Sinds de uitbraak van de crisis hebben de overheden wereldwijd op zeer grote schaal geïntervenieerd in de economie. De rente werd tot historische niveaus verlaagd. Fiscale maatregelen werden afgekondigd om consumenten en in zwaar water geraakte bedrijven te hulp te schieten. En het meest ingrijpend waren de kolossale injecties in het bankwezen om deze voorheen veilig gewaande instellingen overeind te houden en het financiële systeem te behoeden voor een totale ineenstorting. Inmiddels liggen deze grootschalige operaties al weer meer dan een jaar achter ons en lijken de interventies effect te sorteren. De beurzen hebben de weg omhoog weer gevonden en de economie groeit weer. De paniek is verdwenen. Niet echter zonder er een enorme prijs voor te moeten betalen. Want de overheden dienden zich wereldwijd wel diep in de schulden te steken teneinde de economie deze helpende hand te kunnen bieden.
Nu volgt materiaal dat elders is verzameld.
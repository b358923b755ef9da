-- ===== src/VaultCore/FileHistory/Flush/Commits.antt =====
-- A flush commits the selected versions in their order, and forgets exactly those that it committed.
use kb_1_daemon.Prelude.{
  ℕ, suc, ◌+◌, ◌≡◌, refl, sym, ap, ◌∙◌, List, [], ◌∷◌, ◌++◌, Option, none, some, Text, length, true,
  arith, ok,
}
use kb_1_daemon.VaultCore.Path.{Platform}
use kb_1_daemon.VaultCore.FileHistory.{PendingHistoryEntry, Host}
use kb_1_daemon.VaultCore.FileHistory.Pending.{PendingHistoryMap, delete_pending}
use kb_1_daemon.VaultCore.FileHistory.Git.{
  Command, Outcome, ensure_git_repository, commit_pending_entry,
}
use kb_1_daemon.VaultCore.FileHistory.Flush.{
  History, Selected, select_pending_entries, after_commit, flush_loop, loop_result, flush_if_ready,
  flush_selected, flush_file_history,
}

abbrev pub without : Selected → PendingHistoryMap → PendingHistoryMap
without [] pending = pending
without ((key, entry) ∷ done) pending = without done (delete_pending key pending)

module _ {W : Type 0} (exec : W → Command → W × Outcome) (h : Host) (random_id : Text → Text)
    (platform : Platform) (sort : Selected → Selected) (now : Option ℕ) where
  -- The versions are committed one after the other, each commit with success.
  abbrev pub Commits : W → Selected → W → Type 0
  Commits w [] u = w ≡ u
  Commits w ((key, entry) ∷ done) u =
      (v : W) × (commit_pending_entry exec h random_id entry now w ≡ (v, some tt))
      × Commits v done u

  -- All versions are committed, or one is not and the loop throws.
  abbrev pub IsEnd : W → W → Selected → ℕ → Option ℕ → Type 0
  IsEnd u w [] count result = (w ≡ u) × (result ≡ some count)
  IsEnd u w ((key, entry) ∷ rest) count result =
      (commit_pending_entry exec h random_id entry now u ≡ (w, none)) × (result ≡ none)

  pub record IsFlush (w : W) (selected : Selected) (pending : PendingHistoryMap) (count : ℕ)
      (last : W × PendingHistoryMap × Option ℕ) : Type 0 where
    pub done : Selected
    pub rest : Selected
    pub world : W
    pub split : selected ≡ done ++ rest
    pub commits : Commits w done world
    pub kept : last.1 ≡ without done pending
    pub end_of_loop : IsEnd world last.0 rest (count + length done) last.2

  after_commit-IsFlush :
      (key : Text) (entry : PendingHistoryEntry) (selected : Selected) (count : ℕ)
      (pending : PendingHistoryMap) (w : W) (r : W × Option (Unit {0}))
      → commit_pending_entry exec h random_id entry now w ≡ r
      → ((v : W)
          → IsFlush v selected (delete_pending key pending) (count + 1) (
              flush_loop exec h random_id platform sort now selected
                (count + 1)
                (delete_pending key pending)
                v))
      → IsFlush w ((key, entry) ∷ selected) pending count (
          after_commit exec h random_id platform sort r pending (
            flush_loop exec h random_id platform sort now selected
              (count + 1)
              (delete_pending key pending)))
  after_commit-IsFlush key entry selected count pending w (v, none) e next = record {
    done = [];
    rest = (key, entry) ∷ selected;
    world = w;
    split = refl;
    commits = refl;
    kept = refl;
    end_of_loop = (e, refl);
  }
  after_commit-IsFlush key entry selected count pending w (v, some tt) e next =
      let n = next v in
      record {
        done = (key, entry) ∷ n.done;
        rest = n.rest;
        world = n.world;
        split = ap (λ l. (key, entry) ∷ l) n.split;
        commits = (v, e, n.commits);
        kept = n.kept;
        end_of_loop =
            let sum : count + 1 + length n.done ≡ count + suc (length n.done) = omega arith in
            rw (sym sum) n.end_of_loop;
      }

  flush_loop-IsFlush :
      (selected : Selected) (count : ℕ) (pending : PendingHistoryMap) (w : W)
      → IsFlush w selected pending count
          (flush_loop exec h random_id platform sort now selected count pending w)
  unfolding flush_loop
  flush_loop-IsFlush [] count pending w = record {
    done = [];
    rest = [];
    world = w;
    split = refl;
    commits = refl;
    kept = refl;
    end_of_loop = (
      refl,
      (let e : count ≡ count + length {A = Text × PendingHistoryEntry} [] = omega arith in
          ap some e),
    );
  }
  flush_loop-IsFlush ((key, entry) ∷ selected) count pending w =
      after_commit-IsFlush key entry selected count pending w _ refl
        (λ v. flush_loop-IsFlush selected (count + 1) (delete_pending key pending) v)

  -- When something is selected and Git is ready: the selected versions are committed in their order up to the
  -- first that fails, exactly the committed ones are pending no more, and the call gives their count or
  -- throws if one failed.
  pub flush_file_history-IsFlush :
      (paths : Option (List Text)) (s : History W) (key : Text) (entry : PendingHistoryEntry)
      (more : Selected) (w : W)
      → select_pending_entries exec h random_id platform sort s.pending paths
        ≡ ok ((key, entry) ∷ more)
      → ensure_git_repository exec h random_id s.git_ready s.world ≡ (w, true)
      → (last : W × PendingHistoryMap × Option ℕ) × IsFlush w ((key, entry) ∷ more) s.pending 0 last
        × (flush_file_history exec h random_id platform sort paths now s ≡ (
          record { world = last.0; pending = last.1; git_ready = true },
          loop_result exec h random_id platform sort last.2,
        ))
  unfolding flush_file_history
  flush_file_history-IsFlush paths s key entry more w e g =
      let selected = (key, entry) ∷ more in
      (
        flush_loop exec h random_id platform sort now selected 0 s.pending w,
        flush_loop-IsFlush selected 0 s.pending w,
        ap (flush_selected exec h random_id platform sort now s) e
            ∙ ap (flush_if_ready exec h random_id platform sort now selected s.pending) g,
      )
Ondanks de torenhoog opgelopen begrotingstekorten slagen de overheden er echter nog steeds wonderwel in zeer goedkoop grote hoeveelheden geld uit de markt te trekken. Zo hoeft de overheid van de VS op 3‑maands staatsleningen (T‑Bills) niet meer dan 0,05 % rente te vergoeden. Uncle Sam kan dus vrijwel gratis lenen. Maar ook leningen met een langere looptijd zijn nog steeds niet duur. In de VS behoeft de staat op 10-jaars obligaties maar een rente van 3,5 % te vergoeden terwijl bijvoorbeeld de Nederlandse overheid zijn tekorten op de begroting kan aanvullen tegen een vergoeding van 3,6 %. Hoe is het mogelijk dat overheden tegen zulke lage rentes kunnen lenen terwijl de tekorten gierend de pan uit rijzen?
Ten eerste is de lage rentevergoeding op staatsleningen nog steeds een reflectie van de nog steeds niet verdwenen risico-aversie onder veel beleggers. Hoewel de aandelenmarkten al weer maanden stijgen bestaat er bij veel beleggers nog erg veel onzekerheid omtrent de economische toekomst en verkiezen zij een laag maar veilig rendement op een staatslening boven een misschien veelbelovende maar risicovolle belegging in aandelen. Ten tweede worden er in diverse landen nog steeds grote hoeveelheden staatsleningen opgekocht door de centrale banken teneinde de rente laag te houden en de economie van een verdere stimulans te kunnen voorzien. Een belangrijke rol in de koersvorming van staatsobligaties spelen echter de commerciële banken. Zo stelt de Europese Centrale Bank deze banken nog steeds in staat geld in te lenen tegen het verwaarloosbare tarief van 1 %. Deze banken zijn nog steeds huiverig dit geld weer aan bedrijven uit te lenen om verdere groei te financieren. Veel liever beleggen banken deze gelden in veilige staatsobligaties. Geld inlenen tegen 1 % en weer relatief veilig uitlenen tegen pakweg 3,5 % is niet alleen zeer winstgevend maar bovendien zonder veel risico. Zo stelt de ECB banken in de gelegenheid hun kassen te spekken. De Britse bank Barclays schat dat alleen al in Groot Brittannië en in de VS de banken het afgelopen jaar voor 240 miljard dollar aan staatsleningen hebben gekocht. En in Japan is dit reeds vele jaren een gebruikelijk fenomeen. Mede hierom verloopt iedere nieuwe emissie van staatsleningen succesvol en kan de rente laag blijven.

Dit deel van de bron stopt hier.